Le porche du couvent des Bénédictins d’Argenteuil, qui se compose de trois grandes arcades en plein cintre, d’architecture romane, et qui présente un élégant exemple de la décoration par lignes brisées, existait encore sur place en 1855, dans une maison particulière appartenant à M. Rigaud et construite sur une partie de l’emplacement de l’ancienne abbaye. Cet intéressant fragment d’architecture monastique ayant été offert à l’Hôtel de Cluny par son propriétaire, a été démonté pierre par pierre, transporté à Paris, puis réédifié en son état primitif dans les jardins du Musée.

L’arcade centrale est de forme trilobée, et les deux piliers sur lesquels elle s’appuie sont flanqués chacun de dix colonnettes aux chapiteaux historiés.

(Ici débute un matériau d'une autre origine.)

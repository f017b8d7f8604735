-- ===== src/Ptp/Status.antt =====
-- The tests of the response code that many operations of drivers/core/canon-r5-ptp.c make after
-- `canon_r5_ptp_command`.
use canon_r.Prelude.{
  ℕ, ◌≡◌, refl, false, List, [], Option, some, length, arith, ℤ, failed, success, M, ◌>>=◌, return,
  Outcome, done, fault, Ends, Bool-cases, valid, inl, inr, if◌then◌else◌, eio, eagain, Ends-mono,
  ◌≤◌,
}
use canon_r.Device.{Core}
use canon_r.Ptp.{TransportOps, rc_ok}
use canon_r.Ptp.Transport.{IsTransport}
use canon_r.Ptp.Command.{Exchanged}
use canon_r.Ptp.Session.{simple_command, checked_command, not_ok}
use canon_r.Ptp.Still.{ptp_autofocus, op_autofocus, is_code}
use canon_r.Ptp.Requests.{SessionInv, simple_command-Ends}

-- The status alone of a command's result.
abbrev pub status_of : {E : Type 0} → M (Core E) (ℤ × Option ℕ) → M (Core E) ℤ
status_of m = do r ← m; return r.0

-- A branch on the response code, behind the branch on the status, is never taken with a bad code.
skip_check :
    {E : Type 0} (bad : Option ℕ → ℤ) (r : Outcome (Core E) (ℤ × Option ℕ))
    → Ends (λ a _. failed a.0 ≡ false → a ≡ (success, some rc_ok)) r
    → elim r [
      | done a s ↦
          (if failed a.0
              then return a.0
              else if not_ok a.1
              then return (bad a.1)
              else return success)
            s
      | fault e ↦ fault e
    ]
      ≡ elim r [ done a s ↦ done a.0 s | fault e ↦ fault e ]
skip_check bad (fault e) h = absurd h
skip_check {E} bad (done a s) h = elim (Bool-cases (failed a.0)) [
  | inl f ↦ rw f refl
  | inr f ↦ rw (h f) refl
]

module _ {E : Type 0} {Good : E → Type 0} (ops : TransportOps E) (t : IsTransport Good ops) where
  sound_answer :
      (code : ℕ) (ps : List ℕ) (c : Core E)
      → SessionInv c.dev
      → Good c.env
      → length ps ≤ 5
      → Ends (λ a _. failed a.0 ≡ false → a ≡ (success, some rc_ok)) (simple_command ops code ps c)
  sound_answer code ps c v g h =
      Ends-mono (Exchanged Good code c) _ _ (simple_command-Ends ops t code ps c v g h)
        (λ a s x. x.answered)

  -- Between two operations and over a good transport, an operation of at most five parameters
  -- that tests the response code after its command has the command's status: the test decides
  -- nothing.
  pub checked_command-status :
      (code : ℕ) (ps : List ℕ) (c : Core E)
      → SessionInv c.dev
      → Good c.env
      → length ps ≤ 5
      → checked_command ops code ps c ≡ status_of (simple_command ops code ps) c
  unfolding checked_command
  checked_command-status code ps c v g h = skip_check (λ _. eio) _ (sound_answer code ps c v g h)

  -- Under the same conditions the autofocus has the status of its command: it never tells a
  -- failed focus (response 0x2019) from other errors by -EAGAIN, as its last test would.
  pub ptp_autofocus-status :
      (c : Core E)
      → SessionInv c.dev
      → Good c.env
      → ptp_autofocus ops valid c ≡ status_of (simple_command ops op_autofocus []) c
  unfolding ptp_autofocus
  ptp_autofocus-status c v g =
      skip_check (λ rc. if is_code 0x2019 rc then eagain else eio) _
        (sound_answer op_autofocus [] c v g (omega arith))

La même disposition se répète pour les deux arcades latérales dont les cintres sont ornés de bâtons rompus, comme celle du milieu. — Lr 13m,50 ; Hr 4m,70.


87. — Colonne avec son chapiteau, provenant du même cloître des Bénédictins d’Argenteuil et appartenant à la même époque.

Cette colonne, dont le chapiteau ainsi que la base sont sculptés avec une grande finesse d’exécution, a été également donnée au Musée par M. Rigaud, et transportée d’Argenteuil à l’Hôtel de Cluny en 1855.


88. 89. — Piliers d’angles et de retombées provenant de l’ancienne tour de la commanderie de Saint-Jean-de-Latran, détruite en 1854. — xiiie siècle.

La commanderie de Saint-Jean-de-Latran, située en face du Collège de France, et désignée, antérieurement au xvie siècle, sous le titre de Saint-Jean-de-l’Hôpital ou Saint-Jean-de-Jérusalem, existait déjà en 1130 et occupait le vaste espace compris entre la rue Saint-Jacques et celle Jean-de-Beauvais d’un côte, la place Cambrai et la rue des Noyers de l’autre.

L’entrée principale, située en face de la porte actuelle du Collège de France, la grange aux dîmes, édifice du xiiie siècle, aux voûtes ogivales et aux nervures croisées, le logis du commandeur et le cloître, avaient été rasés depuis longtemps.

La tour, intéressant spécimen de l’architecture militaire du moyen âge, était encore debout en 1854 ; mais l’ouverture de la rue des Écoles a malheureusement amené la destruction, au mois de décembre de la même année, de ce précieux monument, unique en son genre sur le sol du vieux Paris.

Cette tour, construction carrée, à l’extérieur austère, qui était destinée, selon Dulaure, au logement des pèlerins se rendant à Jerusalem, ou plutôt, comme

  1. Dulaure, Histoire des environs de Paris.